What do we need to do better or differently in order for these children and their parents to want to stay in the public schools?
- In 32 of North Carolina’s 100 counties, the only private schools are religious schools.
- Some religious schools will only admit applicants of a particular religion.
- As of 23 July 2014, the ten private schools in which the largest number of scholarship recipients planned to enroll are the following religious schools: Victory Christian Center School (Charlotte); Word of God Christian Academy (Raleigh); Greensboro Islamic Academy; Freedom Christian Academy (Fayetteville); Fayetteville Christian School;’ Northside Christian Academy (Charlotte); Al-Inman School (Raleigh); Concord First Assembly Academy; Tabernacle Christian School (Monroe); and Raleigh Christian Academy.

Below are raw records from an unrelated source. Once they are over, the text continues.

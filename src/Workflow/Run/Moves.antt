-- ===== src/Workflow/Run/Moves.antt =====
-- How the statements on a run move its status, and what holds of the row after any of them.
use qingzhou_ssh.Prelude.{
  ℕ, ◌≡◌, ◌⊎◌, Bool, true, false, not, Option, none, List, arith, if◌then◌else◌,
}
use qingzhou_ssh.Prelude.Result.{ok}
use qingzhou_ssh.Error.{AppResult}
use qingzhou_ssh.Transfer.Table.Invariant.{is_some}
use qingzhou_ssh.Workflow.Status.{
  WorkflowRunStatus, queued, running, paused, run_allowed, validate_run_transition,
}
use qingzhou_ssh.Workflow.Run.{
  WorkflowRunRecord, NewWorkflowRun, FinishWorkflowRun, is_running, is_queued, update_one,
  create_run, mark_run_running, set_current_node, finish_run, resume_paused_run,
  finish_rollback_run, recover_run,
}

-- One statement on the row of a run that exists.
pub data Statement : Type 0 where
  marks : ℕ → ℕ → Statement
  sets_node : ℕ → Statement
  finishes : FinishWorkflowRun → Statement
  resumes : ℕ → Statement
  rolls_back : Bool → ℕ → Option (List ℕ) → Statement
  recovers : ℕ → Statement

unfoldable pub execute : Statement → WorkflowRunRecord → AppResult WorkflowRunRecord
unfolding mark_run_running set_current_node finish_run resume_paused_run finish_rollback_run
    recover_run
execute (marks node_id now) run = mark_run_running node_id now run
execute (sets_node node_id) run = set_current_node node_id run
execute (finishes finish) run = finish_run finish run
execute (resumes now) run = resume_paused_run now run
execute (rolls_back done now message) run = finish_rollback_run done now message run
execute (recovers now) run = ok (recover_run now run)

-- The rows that a run can have: statements one after another, those refused left out.
pub data Later (r : WorkflowRunRecord) : WorkflowRunRecord → Type 0 where
  now_is : Later r r
  then_is : {a b : WorkflowRunRecord} (s : Statement) → Later r a → execute s a ≡ ok b → Later r b

-- The statement moves the run as `validate_run_transition` allows, or leaves the status as it is.
abbrev pub Allowed : WorkflowRunStatus → WorkflowRunStatus → Type 0
Allowed before after = (validate_run_transition before after ≡ ok tt) ⊎ (after ≡ before)

-- A run that ended: it is not queued, running or paused.
abbrev pub has_ended : WorkflowRunStatus → Bool
has_ended queued = false
has_ended running = false
has_ended paused = false
has_ended _ = true

-- Every statement that is not refused moves a run's status along `validate_run_transition` or leaves
-- it as it was, though none of them calls it.
pub execute-Allowed :
    (s : Statement) (a b : WorkflowRunRecord) → execute s a ≡ ok b → Allowed a.status b.status
unfolding execute validate_run_transition run_allowed update_one
execute-Allowed (marks node_id now) a b h = ground arith
execute-Allowed (sets_node node_id) a b h = ground arith
execute-Allowed (finishes finish) a b h = ground arith
execute-Allowed (resumes now) a b h = ground arith
execute-Allowed (rolls_back done now message) a b h = ground arith
execute-Allowed (recovers now) a b h = ground arith

execute_ended :
    (s : Statement) (a b : WorkflowRunRecord)
    → execute s a ≡ ok b
    → has_ended a.status ≡ true
    → has_ended b.status ≡ true
unfolding execute update_one
execute_ended (marks node_id now) a b h e = ground arith
execute_ended (sets_node node_id) a b h e = ground arith
execute_ended (finishes finish) a b h e = ground arith
execute_ended (resumes now) a b h e = ground arith
execute_ended (rolls_back done now message) a b h e = ground arith
execute_ended (recovers now) a b h e = ground arith

-- A run that ended never waits, runs or pauses again, whatever statements follow.
pub ended_for_good :
    {a b : WorkflowRunRecord} → Later a b → has_ended a.status ≡ true → has_ended b.status ≡ true
ended_for_good now_is e = e
ended_for_good (then_is {a = m} {b = b} s l h) e = execute_ended s m b h (ended_for_good l e)

-- A row is well-formed.
pub record IsRun (r : WorkflowRunRecord) : Type 0 where
  pub ended :
      is_some r.finished_at ≡ (if is_queued r.status then false else not (is_running r.status))
  pub started : is_running r.status ≡ true → is_some r.started_at ≡ true
  pub not_retryable : is_running r.status ≡ true → r.retryable ≡ false
  pub no_error : is_running r.status ≡ true → (r.error_category ≡ none) × (r.error_message ≡ none)
  pub fresh :
      is_queued r.status ≡ true
      → (r.started_at ≡ none)
        × (r.error_category ≡ none)
        × (r.error_message ≡ none)
        × (r.retryable ≡ false)

execute-IsRun : (s : Statement) (a b : WorkflowRunRecord) → execute s a ≡ ok b → IsRun a → IsRun b
unfolding execute update_one
execute-IsRun (marks node_id now) a b h e = ground arith
execute-IsRun (sets_node node_id) a b h e = ground arith
execute-IsRun (finishes finish) a b h e = ground arith
execute-IsRun (resumes now) a b h e = ground arith
execute-IsRun (rolls_back done now message) a b h e = ground arith
execute-IsRun (recovers now) a b h e = ground arith

create-IsRun :
    (id now : ℕ) (draft : NewWorkflowRun) (r : WorkflowRunRecord)
    → create_run id now draft ≡ ok r
    → IsRun r
unfolding create_run
create-IsRun id now draft r h = ground arith

Later-IsRun : {a b : WorkflowRunRecord} → Later a b → IsRun a → IsRun b
Later-IsRun now_is h = h
Later-IsRun (then_is {a = m} {b = b} s l e) h = execute-IsRun s m b e (Later-IsRun l h)

-- A run that was created keeps this through every statement: it has a finish time just when it is
-- neither queued nor running; while it runs it has a start time, no error, and is not retryable;
-- while it is queued it has no start time, no error, and is not retryable.
pub runs-IsRun :
    (id now : ℕ) (draft : NewWorkflowRun) (r : WorkflowRunRecord) {b : WorkflowRunRecord}
    → create_run id now draft ≡ ok r
    → Later r b
    → IsRun b
runs-IsRun id now draft r h l = Later-IsRun l (create-IsRun id now draft r h)
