-- ===== src/Workflow/Condition.antt =====
-- src-tauri/src/core/workflows/condition.rs: when a condition node takes its true branch. `V` is
-- serde_json's Value, whose equality, kind and fields are arguments.
pub mod Opposite
use qingzhou_ssh.Prelude.{
  ℕ, String, Bool, true, false, not, ◌&&◌, ◌||◌, Option, none, some, List, [], ◌∷◌, any, all, ltb,
  leb, ◌==◌, if◌then◌else◌,
}
use qingzhou_ssh.Prelude.Text.{byte_len, contains, is_ascii_alphanumeric}
use qingzhou_ssh.Prelude.Result.{ok, err, ◌>>=◌, ◌>>◌}
use qingzhou_ssh.Error.{AppResult, validation}

-- An i32: `negsuc n` is the number - 1 - n.
pub data ℤ : Type 0 where
  pos negsuc : ℕ → ℤ

unfoldable pub ltbℤ : ℤ → ℤ → Bool
ltbℤ (pos a) (pos b) = ltb a b
ltbℤ (pos a) (negsuc b) = false
ltbℤ (negsuc a) (pos b) = true
ltbℤ (negsuc a) (negsuc b) = ltb b a

unfoldable pub eqℤ : ℤ → ℤ → Bool
eqℤ (pos a) (pos b) = a == b
eqℤ (negsuc a) (negsuc b) = a == b
eqℤ _ _ = false

pub data NumericOperator : Type 0 where
  equal not_equal less_than less_than_or_equal greater_than : NumericOperator
  greater_than_or_equal : NumericOperator

pub data EqualityOperator : Type 0 where
  same different : EqualityOperator

pub data WorkflowCondition (V : Type 0) : Type 0 where
  exit_code_is : NumericOperator → ℤ → WorkflowCondition V
  result_field : List ℕ → EqualityOperator → V → WorkflowCondition V
  output_contains : List ℕ → Bool → WorkflowCondition V

pub record ConditionContext (V : Type 0) : Type 0 where
  pub exit_code : Option ℤ
  pub result : Option V
  pub output_summary : Option (List ℕ)

-- `a <= b` on i32.
abbrev pub lebℤ : ℤ → ℤ → Bool
lebℤ a b = not (ltbℤ b a)

unfoldable pub compare_number : ℤ → NumericOperator → ℤ → Bool
unfolding ltbℤ eqℤ
compare_number actual equal expected = eqℤ actual expected
compare_number actual not_equal expected = not (eqℤ actual expected)
compare_number actual less_than expected = ltbℤ actual expected
compare_number actual less_than_or_equal expected = lebℤ actual expected
compare_number actual greater_than expected = ltbℤ expected actual
compare_number actual greater_than_or_equal expected = lebℤ expected actual

abbrev pub cons_to_first : ℕ → List (List ℕ) → List (List ℕ)
cons_to_first c [] = (c ∷ []) ∷ []
cons_to_first c (part ∷ parts) = (c ∷ part) ∷ parts

-- `split`: one part more than there are separators.
unfoldable pub split : ℕ → List ℕ → List (List ℕ)
split separator [] = [] ∷ []
split separator (c ∷ cs) =
    let rest = split separator cs in if c == separator then [] ∷ rest else cons_to_first c rest

-- What a segment of a path must be; a byte of a longer code point is not alphanumeric.
unfoldable pub is_segment : List ℕ → Bool
is_segment segment =
    not (byte_len segment == 0 || ltb 64 (byte_len segment))
    && all (λ c. is_ascii_alphanumeric c || (c == b'_' || c == b'-')) segment

unfoldable pub validate_result_path : List ℕ → AppResult (Unit {0})
unfolding split is_segment
validate_result_path path =
    if byte_len path == 0
      || (ltb 512 (byte_len path) || any (λ segment. not (is_segment segment)) (split b'.' path))
    then err (validation "条件结果字段路径无效")
    else ok tt

abbrev pub text_or_empty : Option (List ℕ) → List ℕ
text_or_empty none = []
text_or_empty (some text) = text

module _ {V : Type 0} (is_scalar : V → Bool) where
  unfoldable pub validate_condition : WorkflowCondition V → AppResult (Unit {0})
  unfolding validate_result_path
  validate_condition (exit_code_is operator value) = ok tt
  validate_condition (result_field path operator value) = do
    validate_result_path path
    if is_scalar value then ok tt else err (validation "条件比较值只能是字符串、数字或布尔值")
  validate_condition (output_contains text negated) =
      if byte_len text == 0 || (ltb 512 (byte_len text) || contains text (0 ∷ []))
      then err (validation "输出条件文本必须为 1 到 512 字节")
      else ok tt

  module _ (field : V → List ℕ → Option V) (equal_values : V → V → Bool) where
    -- `for segment in path.split('.')`.
    unfoldable pub follow : V → List (List ℕ) → AppResult V
    follow actual [] = ok actual
    follow actual (segment ∷ segments) = elim (field actual segment) [
      | none ↦ err (validation "条件结果字段不存在")
      | some inner ↦ follow inner segments
    ]

    abbrev pub compare_value : EqualityOperator → V → V → Bool
    compare_value same actual value = equal_values actual value
    compare_value different actual value = not (equal_values actual value)

    -- The `match`, after the check.
    unfoldable pub evaluate_checked : WorkflowCondition V → ConditionContext V → AppResult Bool
    unfolding compare_number split follow
    evaluate_checked (exit_code_is operator value) context = elim context.exit_code [
      | none ↦ err (validation "条件来源没有退出码")
      | some actual ↦ ok (compare_number actual operator value)
    ]
    evaluate_checked (result_field path operator value) context = elim context.result [
      | none ↦ err (validation "条件来源没有结构化结果")
      | some result ↦
          follow result (split b'.' path) >>= λ actual. ok (compare_value operator actual value)
    ]
    evaluate_checked (output_contains text negated) context =
        let found = contains (text_or_empty context.output_summary) text in
        ok (if negated then not found else found)

    unfoldable pub evaluate_condition : WorkflowCondition V → ConditionContext V → AppResult Bool
    unfolding validate_condition evaluate_checked
    evaluate_condition condition context = do
      validate_condition condition
      evaluate_checked condition context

The majority found that the plaintiffs lacked standing to raise any discrimination claims based upon religion (Article I, Section 19) as they had not suffered discrimination. Given the court’s limited inquiry under the public purpose doctrine, the majority also found the religion clause in the constitution not relevant to determining whether the program met a public purpose.
Justice Beasley, in her dissent wrote: “[I]n time, public schools may be left only with the students that private schools refuse to admit based on perceived lack of aptitude, behavioral concerns, economic status, religious affiliation, sexual orientation, or physical or other challenges, or public schools may become grossly disproportionately populated by minority children. The policy promoted by the Opportunity Scholarship Program, therefore, may serve to widen already considerable gaps and create a larger class of under-served children.”
While the majority opinion leaves it open for religion claims in the future, for now, the questions around taxpayer funds to religious schools rest with us and the General Assembly.
Is it good policy to provide scholarships when in a third of our counties, students could have no choice but to attend a religious school?
Is it acceptable to allocate funds to schools that will only admit applicants of a particular religion?
Is it acceptable that some schools, on the basis of religion, could exclude some students, such as for sexual orientation?
Is it a good use of taxpayer dollars to fund options outside of public schools for parents to pursue a religious education?
These are not all the questions we should ask and answer. But they are important ones generated out of undisputed facts – and that’s a good place to begin a conversation.
We have a 4-3 opinion.
The constitutional issues are settled in that somewhat unsettled way.
It is time for us to tackle these questions and others about how the voucher program moves forward in our state.